Gawker, How Dare You - thinker
http://www.diycouturier.com/post/50749002281/fuck-you-gawker

======
micro571
How much economic damage has Rob Ford done while being the bumbling mayor of
Toronto the last few years?

Richard Florida, the urban studies theorist has called Rob Ford "the worst
mayor in the modern history of cities and the most anti-urban mayor ever to
preside over a large global city.".

This is hardly an isolated incident. Anyone who has follow Toronto politics is
well aware of the numerous scandals and antics of Rob Ford. Read the Conflict
of Interest trial and Other Controversies portions of his wikipedia article.

$200k is well worth it to further expose that he is unfit to run a city the
size and importance of Toronto, Canada's largest city.

How much is the drug trade worth in Toronto? 10's of millions or more. $200k
is a blip on the radar. It's unfortunate that this money has to be paid to
unsavory characters, but it's a small price to pay.

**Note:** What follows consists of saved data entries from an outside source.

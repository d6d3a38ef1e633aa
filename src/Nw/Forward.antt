-- ===== src/Nw/Forward.antt =====
-- Where the switch sends a message after a route was added.
use motorola_external_greybu.Prelude.{
  ℕ, ◌≡◌, ◌⊎◌, inl, inr, refl, ap, sym, subst, ◌∙◌, Bool, false, Option, none, some, List, [], ◌∷◌,
  All, In, arith, Option-cases, Bool-cases, ◌==◌, ◌&&◌, if◌then◌else◌,
}
use motorola_external_greybu.Prelude.Errno.{Errno, success}
use motorola_external_greybu.Prelude.Maps.{lookup}
use motorola_external_greybu.Nw.Defs.{
  Network, Dest, Filter, Message, send, Switched, returned, empty_dest, find_dest, find_filter,
  with_dest, need_dest, get_dl_device, join_route, add_route, with_protocol, forward, switch,
  after_filter, filter_present, undo_dest,
}
use motorola_external_greybu.Nw.Entries.{
  find_dest-with_dest, find_dest-need_self, find_dest-need_keeps,
}

-- Once an entry is there, the switch forwards by it.
pub switch-forward :
    (handle : Filter → ℕ → Message → Errno) (message_send : ℕ → Message → Errno) (n : Network)
    (i : ℕ) (m : Message) {d : Dest}
    → find_dest n i m.cport ≡ some d
    → switch handle message_send n i m ≡ forward handle message_send n d m
unfolding switch find_dest
switch-forward handle message_send n i m {d} h = elim (Option-cases (lookup i n.interfaces)) [
  | inl e ↦ ground arith
  | inr (set, e) ↦ let k = rw (e, find_dest) at h in rw (e, switch) (rw (k, switch) refl)
]

-- An entry that leads to a CPort of a device
pub record Leads (dev : Option ℕ) (cport : ℕ) (d : Dest) : Type 0 where
  pub to_dev : d.dev ≡ dev
  pub to_cport : d.cport ≡ cport

abbrev pub LeadsAt : Network → ℕ → ℕ → Option ℕ → ℕ → Type 0
LeadsAt n i c dev k = (d : Dest) × (find_dest n i c ≡ some d) × Leads dev k d

pub with_protocol-LeadsAt :
    (n : Network) (i c i' c' p : ℕ) (dev : Option ℕ) (k : ℕ) (v : Bool)
    → LeadsAt n i c dev k
    → LeadsAt (with_dest n i' c' (with_protocol p v)) i c dev k
with_protocol-LeadsAt n i c i' c' p dev k v (d, e, l) = elim (Bool-cases ((i' == i) && (c' == c))) [
  | inr f ↦ (d, ground (arith, find_dest-with_dest n i' c' i c (with_protocol p v)), l)
  | inl f ↦
      let (same_i, same_c) : (i' ≡ i) × (c' ≡ c) = (ground arith, ground arith) in
      (
        with_protocol p v d,
        find_dest-with_dest n i' c' i c (with_protocol p v) ∙ rw (f, same_i, same_c, e) refl,
        record { to_dev = l.to_dev; to_cport = l.to_cport },
      )
]

join_route-LeadsAt :
    (get_protocol : ℕ → Option (ℕ → Errno × ℕ)) (n : Network) (i c j k x y : ℕ) (a b : Bool)
    (d : Dest)
    → find_dest n i c ≡ some d
    → (join_route get_protocol n i c j k x y a b).1 ≡ success
    → LeadsAt (join_route get_protocol n i c j k x y a b).0 i c (some y) k
unfolding join_route
join_route-LeadsAt get_protocol n i c j k x y a b d e h =
    let f : Dest → Dest = λ d. record d { cport = k; dev = some y } in
    let l : LeadsAt (with_dest n i c f) i c (some y) k = (
      f d,
      ground (arith, find_dest-with_dest n i c i c f),
      record { to_dev = refl; to_cport = refl },
    ) in
    elim (Option-cases (get_protocol x)) [
      | inl g ↦ rw (g, join_route) l
      | inr (get, g) ↦
          rw (g, join_route)
            (answered (with_dest n i c f) (get c).0 (get c).0 (get c).1 l refl
              (rw (g, join_route) at h))
    ]
  where
    answered :
        (n1 : Network) (r s : Errno) (p : ℕ)
        → LeadsAt n1 i c (some y) k
        → r ≡ s
        → let out : Network × Errno = elim r [
          | success ↦ (
            with_dest
                (with_dest n1 i c (with_protocol p (filter_present n1.filters p)))
                j
                k
                (with_protocol p (filter_present n1.filters p)),
            success,
          )
          | _ ↦ (undo_dest (undo_dest n1 j k b) i c a, s)
        ] in
          out.1 ≡ success → LeadsAt out.0 i c (some y) k
    answered n1 success s p l q h =
        with_protocol-LeadsAt _ i c j k p (some y) k _
          (with_protocol-LeadsAt n1 i c i c p (some y) k _ l)
    answered n1 _ s p l q h = absurd (cc)

-- An entry that was asked for is there.
pub needed :
    (n n1 : Network) (i c : ℕ) (a p : Bool) (x : ℕ)
    → get_dl_device n i ≡ some x
    → need_dest n i c a ≡ some (n1, p)
    → (d : Dest) × (find_dest n1 i c ≡ some d)
needed n n1 i c a p x e q = elim (find_dest-need_self n n1 i c a p x e q) [
  | inl (_, m) ↦ (empty_dest, m)
  | inr (d, m, s) ↦ (d, rw s m)
]

-- What a successful call of `add_route` went through
pub add_route-LeadsAt :
    (get_protocol : ℕ → Option (ℕ → Errno × ℕ)) (n : Network) (i c j k dev : ℕ) (a b : Bool)
    → get_dl_device n j ≡ some dev
    → (add_route get_protocol n i c j k a b).1 ≡ success
    → LeadsAt (add_route get_protocol n i c j k a b).0 i c (some dev) k
unfolding add_route
add_route-LeadsAt get_protocol n i c j k dev a b g h = elim (Option-cases (get_dl_device n i)) [
  | inl e ↦ absurd (ground arith)
  | inr (x, e) ↦ elim (Option-cases (need_dest n i c a)) [
    | inl q ↦ absurd (ground arith)
    | inr ((n1, p), q) ↦ elim (Option-cases (need_dest n1 j k b)) [
      | inl r ↦ absurd (ground arith)
      | inr ((n2, s), r) ↦
          let (d, at) : (d : Dest) × (find_dest n1 i c ≡ some d) = needed n n1 i c a p x e q in
          rw (e, g, q, r, add_route)
            (join_route-LeadsAt get_protocol n2 i c j k x dev p s d
              (find_dest-need_keeps n1 n2 j k b s i c d r at) (rw (e, g, q, r, add_route) at h))
    ]
  ]
]

-- A filter is on a protocol and a message type.
abbrev pub On : ℕ → ℕ → Filter → Type 0
On protocol type f = (f.protocol_id ≡ protocol) × (f.type ≡ type)

-- The message at a CPort of an interface goes on to a device: by itself, which its CPort asks for or no registered
-- filter is on its CPort's protocol and its type, or else once a registered filter on both has seen it, whose answer
-- decides.
abbrev pub SentOn :
    (Filter → ℕ → Message → Errno)
    → (ℕ → Message → Errno)
    → Network
    → ℕ
    → ℕ
    → ℕ
    → Message
    → Switched
    → Type 0
SentOn handle message_send n i c dev m out =
    (d : Dest) × (find_dest n i c ≡ some d)
    × (((out ≡ returned (message_send dev m) (send dev m ∷ []))
          × ((d.filter ≡ false) ⊎ All (λ (f : Filter). ¬ (On d.protocol_id m.type f)) n.filters))
        ⊎ ((f : Filter) × In f n.filters
            × On d.protocol_id m.type f
            × (out ≡ after_filter handle message_send f dev m (handle f dev m))))

find_filter-On :
    (fs : List Filter) (p t : ℕ) (f : Filter) → find_filter fs p t ≡ some f → In f fs × On p t f
unfolding find_filter
find_filter-On [] p t f h = absurd (cc)
find_filter-On (g ∷ fs) p t f h = elim (Bool-cases ((g.protocol_id == p) && (g.type == t))) [
  | inl y ↦
      let same : g ≡ f =
        ap (λ (o : Option Filter). get_filter g o)
          (sym (ap (λ c. if c then some g else find_filter fs p t) y) ∙ h) in
      subst (λ f. In f (g ∷ fs) × On p t f) same (inl refl, (ground arith, ground arith))
  | inr y ↦
      let (i, o) =
        find_filter-On fs p t f (sym (ap (λ c. if c then some g else find_filter fs p t) y) ∙ h) in
      (inr i, o)
]
  where
    get_filter : Filter → Option Filter → Filter
    get_filter g none = g
    get_filter g (some f) = f

find_filter-none :
    (fs : List Filter) (p t : ℕ) → find_filter fs p t ≡ none → All (λ (f : Filter). ¬ (On p t f)) fs
unfolding find_filter
find_filter-none [] p t h = tt
find_filter-none (g ∷ fs) p t h = elim (Bool-cases ((g.protocol_id == p) && (g.type == t))) [
  | inl y ↦ absurd (let e = sym (ap (λ c. if c then some g else find_filter fs p t) y) ∙ h in cc)
  | inr y ↦ (
    λ o. absurd (ground (arith, o.0, o.1)),
    find_filter-none fs p t (sym (ap (λ c. if c then some g else find_filter fs p t) y) ∙ h),
  )
]

pub forward-SentOn :
    (handle : Filter → ℕ → Message → Errno) (message_send : ℕ → Message → Errno) (n : Network)
    (i c : ℕ) (m : Message) (dev k : ℕ) (d : Dest)
    → find_dest n i c ≡ some d
    → Leads (some dev) k d
    → SentOn handle message_send n i c dev
        (record m { cport = k })
        (forward handle message_send n d m)
unfolding forward
forward-SentOn handle message_send n i c m dev k d at l =
    let e = l.to_dev in
    let q = l.to_cport in
    (
      d,
      at,
      elim (Bool-cases d.filter) [
        | inr f ↦ inl (ground arith, inl f)
        | inl f ↦ elim (Option-cases (find_filter n.filters d.protocol_id m.type)) [
          | inl r ↦ inl (ground arith, inr (find_filter-none n.filters d.protocol_id m.type r))
          | inr (g, r) ↦
              let (inside, on) = find_filter-On n.filters d.protocol_id m.type g r in
              inr (g, inside, on, ground arith)
        ]
      ],
    )
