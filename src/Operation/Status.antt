-- ===== src/Operation/Status.antt =====
-- The results on the wire: `gb_operation_status_map` and `gb_operation_errno_map`.
use motorola_external_greybu.Prelude.{
  ℕ, ◌≡◌, ◌<◌, ◌⊎◌, ◌↔◌, inl, inr, refl, In, List, [], ◌∷◌, ◌==◌, if◌then◌else◌, arith,
}
use motorola_external_greybu.Prelude.Errno.{
  Errno, success, eintr, etimedout, enomem, eprotonosupport, emsgsize, einval, eagain, enodev,
  eilseq, eio,
}

-- `gb_operation_status_map`
unfoldable pub status_map : ℕ → Errno
status_map status =
    if status == 0
    then success
    else if status == 1
    then eintr
    else if status == 2
    then etimedout
    else if status == 3
    then enomem
    else if status == 4
    then eprotonosupport
    else if status == 5
    then emsgsize
    else if status == 6
    then einval
    else if status == 7
    then eagain
    else if status == 8
    then enodev
    else if status == 255
    then eilseq
    else eio

-- `gb_operation_errno_map`
unfoldable pub errno_map : Errno → ℕ
errno_map success = 0
errno_map eintr = 1
errno_map etimedout = 2
errno_map enomem = 3
errno_map eprotonosupport = 4
errno_map emsgsize = 5
errno_map einval = 6
errno_map eagain = 7
errno_map eilseq = 255
errno_map enodev = 8
errno_map _ = 254

-- The results that have a status of their own, -EIO included
abbrev pub wire_results : List Errno
wire_results =
    success ∷ eintr ∷ etimedout ∷ enomem ∷ eprotonosupport ∷ emsgsize ∷ einval ∷ eagain ∷ eilseq
    ∷ enodev ∷ eio ∷ []

-- A result that travels in a response is the same at the other end if it has a status of its own, and is
-- -EIO there otherwise; in no case does a failure arrive as a success, or a success as a failure.
pub status_map-errno_map :
    (e : Errno)
    → ((In e wire_results × (status_map (errno_map e) ≡ e)) ⊎ (status_map (errno_map e) ≡ eio))
      × (errno_map e < 256)
      × ((status_map (errno_map e) ≡ success) ↔ (e ≡ success))
unfolding status_map errno_map
status_map-errno_map success = (inl ((inl refl), refl), omega arith, (λ h. refl, λ h. refl))
status_map-errno_map eintr = (inl ((inr (inl refl)), refl), omega arith, (λ h. h, λ h. h))
status_map-errno_map etimedout = (inl ((inr (inr (inl refl))), refl), omega arith, (λ h. h, λ h. h))
status_map-errno_map enomem =
    (inl ((inr (inr (inr (inl refl)))), refl), omega arith, (λ h. h, λ h. h))
status_map-errno_map eprotonosupport =
    (inl ((inr (inr (inr (inr (inl refl))))), refl), omega arith, (λ h. h, λ h. h))
status_map-errno_map emsgsize =
    (inl ((inr (inr (inr (inr (inr (inl refl)))))), refl), omega arith, (λ h. h, λ h. h))
status_map-errno_map einval =
    (inl ((inr (inr (inr (inr (inr (inr (inl refl))))))), refl), omega arith, (λ h. h, λ h. h))
status_map-errno_map eagain = (
  inl ((inr (inr (inr (inr (inr (inr (inr (inl refl)))))))), refl),
  omega arith,
  (λ h. h, λ h. h),
)
status_map-errno_map eilseq = (
  inl ((inr (inr (inr (inr (inr (inr (inr (inr (inl refl))))))))), refl),
  omega arith,
  (λ h. h, λ h. h),
)
status_map-errno_map enodev = (
  inl ((inr (inr (inr (inr (inr (inr (inr (inr (inr (inl refl)))))))))), refl),
  omega arith,
  (λ h. h, λ h. h),
)
status_map-errno_map eio = (
  inl ((inr (inr (inr (inr (inr (inr (inr (inr (inr (inr (inl refl))))))))))), refl),
  omega arith,
  (λ h. h, λ h. h),
)
status_map-errno_map e = (inr refl, omega arith, (λ h. absurd (cc), λ h. absurd (cc)))
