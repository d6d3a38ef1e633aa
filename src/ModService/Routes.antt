-- ===== src/ModService/Routes.antt =====
-- The pairs of routes that muc_svc.c adds and deletes in the network of mods_nw.c.
use motorola_external_greybu.Prelude.{ℕ, Bool, Option, if◌then◌else◌}
use motorola_external_greybu.Prelude.Errno.{Errno, failed, success}
use motorola_external_greybu.Nw.Defs.{Network, add_route, del_route}

-- `MODS_INTF_SVC` and `MODS_INTF_AP`
abbrev pub intf_svc : ℕ
intf_svc = 0

abbrev pub intf_ap : ℕ
intf_ap = 1

-- The outcomes of the two allocations of each of two routes
pub record PairAllocs : Type 0 where
  pub near1 : Bool
  pub far1 : Bool
  pub near2 : Bool
  pub far2 : Bool

-- `svc_gb_conn_destroy`
unfoldable pub conn_destroy : Network → ℕ → ℕ → ℕ → ℕ → Network
conn_destroy n intf1_id cport1_id intf2_id cport2_id =
    del_route (del_route n intf1_id cport1_id) intf2_id cport2_id

-- `muc_svc_destroy_control_route`
unfoldable pub destroy_control_route : Network → ℕ → ℕ → ℕ → Network
destroy_control_route n intf_id src dest = del_route (del_route n intf_svc src) intf_id dest

module _ (get_protocol : ℕ → Option (ℕ → Errno × ℕ)) where
  -- `svc_gb_conn_create`
  unfoldable pub conn_create : Network → ℕ → ℕ → ℕ → ℕ → PairAllocs → Network × Errno
  conn_create n intf1_id cport1_id intf2_id cport2_id a =
      let there = add_route get_protocol n intf1_id cport1_id intf2_id cport2_id a.near1 a.far1 in
      let back =
        add_route get_protocol there.0 intf2_id cport2_id intf1_id cport1_id a.near2 a.far2 in
      if failed there.1
      then there
      else if failed back.1
      then (del_route back.0 intf1_id cport1_id, back.1)
      else (back.0, success)

  -- `muc_svc_create_control_route`
  unfoldable pub create_control_route : Network → ℕ → ℕ → ℕ → PairAllocs → Network × Errno
  create_control_route n intf_id src dest a =
      let there = add_route get_protocol n intf_svc src intf_id dest a.near1 a.far1 in
      let back = add_route get_protocol there.0 intf_id dest intf_svc src a.near2 a.far2 in
      if failed there.1
      then there
      else if failed back.1
      then (del_route back.0 intf_svc src, back.1)
      else (back.0, success)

Toronto could be much greater than it is. Toronto deserves a better mayor.

------
themstheones
I think the outrage is a bit misplaced here. On one hand you have the elected
leader of one of the most populous regions in Canada, representing more people
than many of the premiers do. He lacks the credibility and leadership to even
directly address the accusations, instead hiding behind a single-word shrug
off.

The (alleged) dealers are being opportunistic with what is potentially a very
valuable asset. They're acting pretty exactly as you'd expect. Unless you
spend all your time outraged that drug dealers exist, it makes more sense to
be outraged that the mayor is stalling instead of responding.

------
canthonytucci
I would contest that exposing corruption, even if it requires paying off some
unsavory people, is a form of "lifesaving research".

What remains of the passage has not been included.